• Exercise: Output the entries below so that they read exactly as they do now.
:: Exercise material
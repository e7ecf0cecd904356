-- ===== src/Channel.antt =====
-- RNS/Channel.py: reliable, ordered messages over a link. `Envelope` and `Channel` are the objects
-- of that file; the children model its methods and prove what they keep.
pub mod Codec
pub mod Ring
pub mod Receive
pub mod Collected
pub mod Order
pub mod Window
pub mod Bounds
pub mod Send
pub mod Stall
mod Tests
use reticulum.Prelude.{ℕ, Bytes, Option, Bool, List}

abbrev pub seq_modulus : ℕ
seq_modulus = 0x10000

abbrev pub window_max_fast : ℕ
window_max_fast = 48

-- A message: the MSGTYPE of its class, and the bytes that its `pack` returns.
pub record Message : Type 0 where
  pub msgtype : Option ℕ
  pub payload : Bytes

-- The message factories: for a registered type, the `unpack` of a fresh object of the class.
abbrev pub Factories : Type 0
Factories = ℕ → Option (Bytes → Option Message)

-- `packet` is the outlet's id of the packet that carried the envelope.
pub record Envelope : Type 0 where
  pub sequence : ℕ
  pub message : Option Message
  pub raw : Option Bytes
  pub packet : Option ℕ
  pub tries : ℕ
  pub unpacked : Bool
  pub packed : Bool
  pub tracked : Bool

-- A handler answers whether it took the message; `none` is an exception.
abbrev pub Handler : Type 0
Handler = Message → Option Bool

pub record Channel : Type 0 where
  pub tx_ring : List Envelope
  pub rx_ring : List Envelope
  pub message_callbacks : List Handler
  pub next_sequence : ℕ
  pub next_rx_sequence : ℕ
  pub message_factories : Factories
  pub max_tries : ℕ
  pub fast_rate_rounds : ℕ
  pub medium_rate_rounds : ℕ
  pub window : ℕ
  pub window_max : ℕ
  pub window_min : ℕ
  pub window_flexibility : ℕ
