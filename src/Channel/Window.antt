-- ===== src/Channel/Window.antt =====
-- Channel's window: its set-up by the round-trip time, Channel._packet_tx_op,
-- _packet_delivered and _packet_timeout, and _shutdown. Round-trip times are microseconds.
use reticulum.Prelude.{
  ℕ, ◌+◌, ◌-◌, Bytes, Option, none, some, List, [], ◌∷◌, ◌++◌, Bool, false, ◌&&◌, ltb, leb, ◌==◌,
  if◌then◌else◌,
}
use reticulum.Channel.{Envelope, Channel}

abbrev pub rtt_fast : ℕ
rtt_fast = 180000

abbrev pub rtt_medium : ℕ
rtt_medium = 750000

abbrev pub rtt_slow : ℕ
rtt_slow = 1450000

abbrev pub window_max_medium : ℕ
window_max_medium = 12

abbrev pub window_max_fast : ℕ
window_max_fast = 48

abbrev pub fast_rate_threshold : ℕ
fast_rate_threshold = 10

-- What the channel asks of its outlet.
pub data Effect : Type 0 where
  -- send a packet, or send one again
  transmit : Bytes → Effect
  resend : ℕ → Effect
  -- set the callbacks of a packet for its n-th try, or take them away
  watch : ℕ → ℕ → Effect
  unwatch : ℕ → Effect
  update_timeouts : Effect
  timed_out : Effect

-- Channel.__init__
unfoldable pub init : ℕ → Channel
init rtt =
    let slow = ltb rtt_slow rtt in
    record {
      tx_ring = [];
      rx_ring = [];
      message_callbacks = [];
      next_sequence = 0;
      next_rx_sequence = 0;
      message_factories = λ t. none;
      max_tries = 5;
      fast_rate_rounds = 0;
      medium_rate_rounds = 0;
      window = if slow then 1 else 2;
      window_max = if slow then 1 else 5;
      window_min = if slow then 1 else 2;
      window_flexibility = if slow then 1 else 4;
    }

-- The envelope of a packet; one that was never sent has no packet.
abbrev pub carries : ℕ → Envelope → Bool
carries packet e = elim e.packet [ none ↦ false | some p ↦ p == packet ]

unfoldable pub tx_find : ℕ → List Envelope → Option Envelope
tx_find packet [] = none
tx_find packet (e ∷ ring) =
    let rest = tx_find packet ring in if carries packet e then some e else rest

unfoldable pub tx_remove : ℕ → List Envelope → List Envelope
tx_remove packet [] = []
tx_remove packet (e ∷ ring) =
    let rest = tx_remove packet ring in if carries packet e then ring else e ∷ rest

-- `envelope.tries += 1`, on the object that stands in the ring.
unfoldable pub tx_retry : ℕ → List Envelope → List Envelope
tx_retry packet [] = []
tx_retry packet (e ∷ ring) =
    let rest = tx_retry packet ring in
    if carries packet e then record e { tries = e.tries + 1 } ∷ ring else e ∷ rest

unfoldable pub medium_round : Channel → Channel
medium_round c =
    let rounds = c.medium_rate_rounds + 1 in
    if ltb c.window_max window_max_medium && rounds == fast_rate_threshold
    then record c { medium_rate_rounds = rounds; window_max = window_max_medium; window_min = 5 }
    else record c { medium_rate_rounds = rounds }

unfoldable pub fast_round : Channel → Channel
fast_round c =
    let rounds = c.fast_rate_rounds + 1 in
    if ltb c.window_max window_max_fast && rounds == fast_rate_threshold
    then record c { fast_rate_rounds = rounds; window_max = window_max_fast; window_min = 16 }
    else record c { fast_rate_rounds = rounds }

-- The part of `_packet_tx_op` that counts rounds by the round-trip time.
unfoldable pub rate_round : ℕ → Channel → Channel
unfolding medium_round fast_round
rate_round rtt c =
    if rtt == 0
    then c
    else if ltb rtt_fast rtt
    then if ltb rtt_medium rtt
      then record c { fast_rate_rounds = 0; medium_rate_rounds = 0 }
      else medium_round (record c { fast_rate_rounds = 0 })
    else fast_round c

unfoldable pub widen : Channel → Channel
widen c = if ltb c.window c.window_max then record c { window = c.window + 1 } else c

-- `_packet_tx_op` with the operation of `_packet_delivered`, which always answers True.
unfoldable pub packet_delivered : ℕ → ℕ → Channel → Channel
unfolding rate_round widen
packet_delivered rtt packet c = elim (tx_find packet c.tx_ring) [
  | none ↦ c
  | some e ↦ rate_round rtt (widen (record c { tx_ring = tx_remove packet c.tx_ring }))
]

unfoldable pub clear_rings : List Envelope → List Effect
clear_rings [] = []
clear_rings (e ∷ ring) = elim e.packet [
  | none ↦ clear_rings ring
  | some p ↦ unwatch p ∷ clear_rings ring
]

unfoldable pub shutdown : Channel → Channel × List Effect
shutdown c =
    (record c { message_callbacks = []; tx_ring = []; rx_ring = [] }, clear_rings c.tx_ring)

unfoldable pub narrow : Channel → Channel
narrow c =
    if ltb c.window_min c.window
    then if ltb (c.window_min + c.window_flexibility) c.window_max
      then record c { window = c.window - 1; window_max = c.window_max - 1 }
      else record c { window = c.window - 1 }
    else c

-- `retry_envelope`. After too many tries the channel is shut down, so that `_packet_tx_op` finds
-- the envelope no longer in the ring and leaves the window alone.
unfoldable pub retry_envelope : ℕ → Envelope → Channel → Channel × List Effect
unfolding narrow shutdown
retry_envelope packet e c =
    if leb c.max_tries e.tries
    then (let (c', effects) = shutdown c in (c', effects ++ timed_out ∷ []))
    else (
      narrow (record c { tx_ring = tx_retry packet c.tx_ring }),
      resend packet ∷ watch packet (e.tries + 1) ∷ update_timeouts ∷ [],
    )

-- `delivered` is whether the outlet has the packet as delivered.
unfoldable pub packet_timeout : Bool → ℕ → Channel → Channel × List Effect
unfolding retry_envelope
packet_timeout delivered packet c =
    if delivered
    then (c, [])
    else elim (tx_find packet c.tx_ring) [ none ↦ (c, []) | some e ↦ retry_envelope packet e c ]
::::
• Result:
repository e7ecf0cecd904356
-- ===== src/Channel.antt =====
-- RNS/Channel.py: reliable, ordered messages over a link. `Envelope` and `Channel` are the objects
-- of that file; the children model its methods and prove what they keep.
pub mod Codec
pub mod Ring
pub mod Receive
pub mod Collected
pub mod Order
pub mod Window
pub mod Bounds
pub mod Send
pub mod Stall
mod Tests
use reticulum.Prelude.{ℕ, Bytes, Option, Bool, List}

abbrev pub seq_modulus : ℕ
seq_modulus = 0x10000

abbrev pub window_max_fast : ℕ
window_max_fast = 48

-- A message: the MSGTYPE of its class, and the bytes that its `pack` returns.
pub record Message : Type 0 where
  pub msgtype : Option ℕ
  pub payload : Bytes

-- The message factories: for a registered type, the `unpack` of a fresh object of the class.
abbrev pub Factories : Type 0
Factories = ℕ → Option (Bytes → Option Message)

-- `packet` is the outlet's id of the packet that carried the envelope.
pub record Envelope : Type 0 where
  pub sequence : ℕ
  pub message : Option Message
  pub raw : Option Bytes
  pub packet : Option ℕ
  pub tries : ℕ
  pub unpacked : Bool
  pub packed : Bool
  pub tracked : Bool

-- A handler answers whether it took the message; `none` is an exception.
abbrev pub Handler : Type 0
Handler = Message → Option Bool

pub record Channel : Type 0 where
  pub tx_ring : List Envelope
  pub rx_ring : List Envelope
  pub message_callbacks : List Handler
  pub next_sequence : ℕ
  pub next_rx_sequence : ℕ
  pub message_factories : Factories
  pub max_tries : ℕ
  pub fast_rate_rounds : ℕ
  pub medium_rate_rounds : ℕ
  pub window : ℕ
  pub window_max : ℕ
  pub window_min : ℕ
  pub window_flexibility : ℕ
filename src/Channel/Window.antt
-- ===== src/Channel/Window.antt =====
-- Channel's window: its set-up by the round-trip time, Channel._packet_tx_op,
-- _packet_delivered and _packet_timeout, and _shutdown. Round-trip times are microseconds.
use reticulum.Prelude.{
  ℕ, ◌+◌, ◌-◌, Bytes, Option, none, some, List, [], ◌∷◌, ◌++◌, Bool, false, ◌&&◌, ltb, leb, ◌==◌,
  if◌then◌else◌,
}
use reticulum.Channel.{Envelope, Channel}

abbrev pub rtt_fast : ℕ
rtt_fast = 180000

abbrev pub rtt_medium : ℕ
rtt_medium = 750000

abbrev pub rtt_slow : ℕ
rtt_slow = 1450000

abbrev pub window_max_medium : ℕ
window_max_medium = 12

abbrev pub window_max_fast : ℕ
window_max_fast = 48

abbrev pub fast_rate_threshold : ℕ
fast_rate_threshold = 10

-- What the channel asks of its outlet.
pub data Effect : Type 0 where
  -- send a packet, or send one again
  transmit : Bytes → Effect
  resend : ℕ → Effect
  -- set the callbacks of a packet for its n-th try, or take them away
  watch : ℕ → ℕ → Effect
  unwatch : ℕ → Effect
  update_timeouts : Effect
  timed_out : Effect

-- Channel.__init__
unfoldable pub init : ℕ → Channel
init rtt =
    let slow = ltb rtt_slow rtt in
    record {
      tx_ring = [];
      rx_ring = [];
      message_callbacks = [];
      next_sequence = 0;
      next_rx_sequence = 0;
      message_factories = λ t. none;
      max_tries = 5;
      fast_rate_rounds = 0;
      medium_rate_rounds = 0;
      window = if slow then 1 else 2;
      window_max = if slow then 1 else 5;
      window_min = if slow then 1 else 2;
      window_flexibility = if slow then 1 else 4;
    }

-- The envelope of a packet; one that was never sent has no packet.
abbrev pub carries : ℕ → Envelope → Bool
carries packet e = elim e.packet [ none ↦ false | some p ↦ p == packet ]

unfoldable pub tx_find : ℕ → List Envelope → Option Envelope
tx_find packet [] = none
tx_find packet (e ∷ ring) =
    let rest = tx_find packet ring in if carries packet e then some e else rest

unfoldable pub tx_remove : ℕ → List Envelope → List Envelope
tx_remove packet [] = []
tx_remove packet (e ∷ ring) =
    let rest = tx_remove packet ring in if carries packet e then ring else e ∷ rest

-- `envelope.tries += 1`, on the object that stands in the ring.
unfoldable pub tx_retry : ℕ → List Envelope → List Envelope
tx_retry packet [] = []
tx_retry packet (e ∷ ring) =
    let rest = tx_retry packet ring in
    if carries packet e then record e { tries = e.tries + 1 } ∷ ring else e ∷ rest

unfoldable pub medium_round : Channel → Channel
medium_round c =
    let rounds = c.medium_rate_rounds + 1 in
    if ltb c.window_max window_max_medium && rounds == fast_rate_threshold
    then record c { medium_rate_rounds = rounds; window_max = window_max_medium; window_min = 5 }
    else record c { medium_rate_rounds = rounds }

unfoldable pub fast_round : Channel → Channel
fast_round c =
    let rounds = c.fast_rate_rounds + 1 in
    if ltb c.window_max window_max_fast && rounds == fast_rate_threshold
    then record c { fast_rate_rounds = rounds; window_max = window_max_fast; window_min = 16 }
    else record c { fast_rate_rounds = rounds }

-- The part of `_packet_tx_op` that counts rounds by the round-trip time.
unfoldable pub rate_round : ℕ → Channel → Channel
unfolding medium_round fast_round
rate_round rtt c =
    if rtt == 0
    then c
    else if ltb rtt_fast rtt
    then if ltb rtt_medium rtt
      then record c { fast_rate_rounds = 0; medium_rate_rounds = 0 }
      else medium_round (record c { fast_rate_rounds = 0 })
    else fast_round c

unfoldable pub widen : Channel → Channel
widen c = if ltb c.window c.window_max then record c { window = c.window + 1 } else c

-- `_packet_tx_op` with the operation of `_packet_delivered`, which always answers True.
unfoldable pub packet_delivered : ℕ → ℕ → Channel → Channel
unfolding rate_round widen
packet_delivered rtt packet c = elim (tx_find packet c.tx_ring) [
  | none ↦ c
  | some e ↦ rate_round rtt (widen (record c { tx_ring = tx_remove packet c.tx_ring }))
]

unfoldable pub clear_rings : List Envelope → List Effect
clear_rings [] = []
clear_rings (e ∷ ring) = elim e.packet [
  | none ↦ clear_rings ring
  | some p ↦ unwatch p ∷ clear_rings ring
]

unfoldable pub shutdown : Channel → Channel × List Effect
shutdown c =
    (record c { message_callbacks = []; tx_ring = []; rx_ring = [] }, clear_rings c.tx_ring)

unfoldable pub narrow : Channel → Channel
narrow c =
    if ltb c.window_min c.window
    then if ltb (c.window_min + c.window_flexibility) c.window_max
      then record c { window = c.window - 1; window_max = c.window_max - 1 }
      else record c { window = c.window - 1 }
    else c

-- `retry_envelope`. After too many tries the channel is shut down, so that `_packet_tx_op` finds
-- the envelope no longer in the ring and leaves the window alone.
unfoldable pub retry_envelope : ℕ → Envelope → Channel → Channel × List Effect
unfolding narrow shutdown
retry_envelope packet e c =
    if leb c.max_tries e.tries
    then (let (c', effects) = shutdown c in (c', effects ++ timed_out ∷ []))
    else (
      narrow (record c { tx_ring = tx_retry packet c.tx_ring }),
      resend packet ∷ watch packet (e.tries + 1) ∷ update_timeouts ∷ [],
    )

-- `delivered` is whether the outlet has the packet as delivered.
unfoldable pub packet_timeout : Bool → ℕ → Channel → Channel × List Effect
unfolding retry_envelope
packet_timeout delivered packet c =
    if delivered
    then (c, [])
    else elim (tx_find packet c.tx_ring) [ none ↦ (c, []) | some e ↦ retry_envelope packet e c ]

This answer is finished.